Organizations using Oracle PeopleSoft must prioritize implementing mitigations, including restricting internet access to PeopleSoft servers and applying interim security configurations. Oracle’s delayed patch response raises concerns about its vulnerability management process, particularly for critical software used by universities and enterprises. The cybersecurity community should monitor for potential follow-on exploits targeting unpatched systems. Regulatory scrutiny may increase if affected institutions fail to protect sensitive student data, potentially triggering GDPR or FERPA violations. ShinyHunters’ pattern of targeting shared software ecosystems suggests future campaigns may focus on other widely used platforms, including cloud services and education technology. The group’s industrialized approach to cybercrime underscores the need for improved coordination between software vendors, security researchers, and affected organizations. As AI accelerates vulnerability discovery, defenders must enhance patch management and adopt proactive threat-hunting strategies to close exploitation windows.

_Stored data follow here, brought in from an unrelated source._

-- ===== src/File/LazyReader.antt =====
-- pkg/file/lazy_bounded_read_closer.go and lazy_read_closer.go: files that are opened at the first read. An
-- `os.File` that is open is its contents with an offset; an `io.SectionReader` is a range of one.
pub mod Ranges
pub mod Drains
use stereoscope.Errors.{Failure, Result, ok, err, end_of_file, closed_file, bad_offset, panics}
use stereoscope.Prelude.{
  ℕ, ◌+◌, ◌-◌, ◌^◌, List, [], ◌∷◌, Option, none, some, Bool, true, false, Str, ltb, leb, length,
  take, drop, if◌then◌else◌,
}

-- An `os.File` that was opened.
pub record Handle : Type 0 where
  pub contents : Str
  pub offset : ℕ
  pub closed : Bool

-- What a read returns: the bytes, and the error.
pub record Got : Type 0 where
  pub bytes : Str
  pub error : Option Failure

abbrev pub got_nothing : Failure → Got
got_nothing e = record { bytes = []; error = some e }

-- `os.File.ReadAt`
unfoldable pub handle_read_at : ℕ → ℕ → Handle → Got
handle_read_at len offset h =
    let here = take len (drop offset h.contents) in
    if h.closed
    then got_nothing closed_file
    else record { bytes = here; error = if ltb (length here) len then some end_of_file else none }

-- `os.File.Close`: the error if it is closed already.
unfoldable pub handle_close : Handle → Option Failure × Handle
handle_close h = if h.closed then (some closed_file, h) else (none, record h { closed = true })

-- `io.SectionReader`
pub record Section : Type 0 where
  pub base : ℕ
  pub offset : ℕ
  pub limit : ℕ

abbrev pub max_int64 : ℕ
max_int64 = 2 ^ 63 - 1

-- `io.NewSectionReader`
unfoldable pub new_section : ℕ → ℕ → Section
new_section start size = record {
  base = start;
  offset = start;
  limit = if leb (start + size) max_int64 then start + size else max_int64;
}

-- `Read` of a section
unfoldable pub section_read : ℕ → Section → Handle → Got × Section
unfolding handle_read_at
section_read len s h =
    let room = s.limit - s.offset in
    let got = handle_read_at (if ltb room len then room else len) s.offset h in
    if leb s.limit s.offset
    then (got_nothing end_of_file, s)
    else (got, record s { offset = s.offset + length got.bytes })

-- `ReadAt` of a section
unfoldable pub section_read_at : ℕ → ℕ → Section → Handle → Got
unfolding handle_read_at
section_read_at len offset s h =
    let room = s.limit - (offset + s.base) in
    let cut = handle_read_at room (offset + s.base) h in
    if leb (s.limit - s.base) offset
    then got_nothing end_of_file
    else if ltb room len
    then record {
      bytes = cut.bytes;
      error = elim cut.error [ none ↦ some end_of_file | some e ↦ some e ];
    }
    else handle_read_at len (offset + s.base) h

pub data Whence : Type 0 where
  seek_start : Whence
  seek_current : Whence
  seek_end : Whence

-- An offset of either sign.
pub data Offset : Type 0 where
  forward : ℕ → Offset
  backward : ℕ → Offset

seek_origin : Whence → Section → ℕ
seek_origin seek_start s = s.base
seek_origin seek_current s = s.offset
seek_origin seek_end s = s.limit

-- The sum, if it is not below the base.
seek_target : ℕ → Offset → ℕ → Option ℕ
seek_target base (forward k) origin = if ltb (origin + k) base then none else some (origin + k)
seek_target base (backward k) origin =
    if ltb origin k then none else if ltb (origin - k) base then none else some (origin - k)

-- `Seek` of a section
unfoldable pub section_seek : Offset → Whence → Section → Result ℕ × Section
unfolding seek_origin seek_target
section_seek offset whence s = elim (seek_target s.base offset (seek_origin whence s)) [
  | none ↦ (err bad_offset, s)
  | some target ↦ (ok (target - s.base), record s { offset = target })
]

-- `lazyBoundedReadCloser`
pub record LazyReader : Type 0 where
  pub path : Str
  pub file : Option Handle
  pub reader : Option Section
  pub start : ℕ
  pub size : ℕ

-- `newLazyBoundedReadCloser`
unfoldable pub new_lazy_bounded_read_closer : Str → ℕ → ℕ → LazyReader
new_lazy_bounded_read_closer path start size = record {
  path = path;
  file = none;
  reader = none;
  start = start;
  size = size;
}

-- Whether the error is `io.EOF`.
unfoldable pub is_eof : Option Failure → Bool
is_eof (some end_of_file) = true
is_eof _ = false

-- `errors.Is(err, os.ErrClosed)`
unfoldable pub is_closed : Option Failure → Bool
is_closed (some closed_file) = true
is_closed _ = false

-- At the end of the file it is closed; an error of that takes the place of the end, and so does success.
unfoldable pub release_at_end : Got → Handle → Got × Handle
unfolding is_eof is_closed handle_close
release_at_end got h =
    let (failed, h') = handle_close h in
    if is_eof got.error
    then (if is_closed failed then got else record { bytes = got.bytes; error = failed }, h')
    else (got, h)

-- What `openFile` does with the file, or with the error.
unfoldable pub opened : LazyReader → Result Str → Result (Unit {0}) × LazyReader
unfolding new_section
opened d (err e) = (err e, d)
opened d (ok contents) = (
  ok tt,
  record d {
    file = some (record { contents = contents; offset = 0; closed = false });
    reader = some (new_section d.start d.size);
  },
)

-- What a method does with the file and its section, once they are open.
unfoldable pub use_open :
    {A : Type 0}
    → (Failure → A)
    → (Section → Handle → LazyReader → A × LazyReader)
    → Result (Unit {0}) × LazyReader
    → A × LazyReader
use_open failed act (err e, d) = (failed e, d)
use_open failed act (ok u, d) = elim d.reader [
  | none ↦ (failed panics, d)
  | some s ↦ elim d.file [ none ↦ (failed panics, d) | some h ↦ act s h d ]
]

-- `os_open` opens a path: the contents of the file, or an error.
module _ (os_open : Str → Result Str) where
  -- `openFile`
  unfoldable pub open_file : LazyReader → Result (Unit {0}) × LazyReader
  unfolding opened
  open_file d = elim d.reader [ some s ↦ (ok tt, d) | none ↦ opened d (os_open d.path) ]

  unfoldable pub with_open :
      {A : Type 0}
      → (Failure → A)
      → (Section → Handle → LazyReader → A × LazyReader)
      → LazyReader
      → A × LazyReader
  unfolding open_file use_open
  with_open failed act d = use_open failed act (open_file d)

  -- `Read`
  unfoldable pub read : ℕ → LazyReader → Got × LazyReader
  unfolding with_open section_read release_at_end
  read len = with_open got_nothing λ s h d1.
      let (got, s') = section_read len s h in
      let (got', h') = release_at_end got h in
      (got', record d1 { file = some h'; reader = some s' })

  -- `ReadAt`
  unfoldable pub read_at : ℕ → ℕ → LazyReader → Got × LazyReader
  unfolding with_open section_read_at release_at_end
  read_at len offset = with_open got_nothing λ s h d1.
      let (got, h') = release_at_end (section_read_at len offset s h) h in
      (got, record d1 { file = some h' })

  -- `Seek`
  unfoldable pub seek : Offset → Whence → LazyReader → Result ℕ × LazyReader
  unfolding with_open section_seek
  seek offset whence =
      with_open err
        λ s h d1. let (r, s') = section_seek offset whence s in (r, record d1 { reader = some s' })

  -- `Close`: that the file is closed already is no error.
  unfoldable pub close : LazyReader → Option Failure × LazyReader
  unfolding handle_close is_closed
  close d = elim d.file [
    | none ↦ (none, d)
    | some h ↦
        let failed = (handle_close h).0 in
        (if is_closed failed then none else failed, record d { file = none; reader = none })
  ]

The role of AI in cybercrime

The ShinyHunters breach highlights how AI is lowering the barrier to discovering and exploiting vulnerabilities. AI-powered tools can rapidly identify software flaws, map vulnerable systems, and automate attack chains, enabling groups like ShinyHunters to industrialize cybercrime. The group’s ability to exploit a zero-day vulnerability in widely deployed enterprise software demonstrates the growing threat of AI-augmented hacking. While defenders rely on manual patching and reactive security measures, attackers leverage AI to accelerate vulnerability discovery and exploitation. This disparity creates a widening gap between threat actors and defenders, particularly in sectors with limited security resources. The breach also underscores the need for AI-driven security solutions, such as automated patch management and real-time vulnerability scanning. As AI continues to evolve, cybersecurity strategies must adapt to counter increasingly sophisticated and scalable attacks.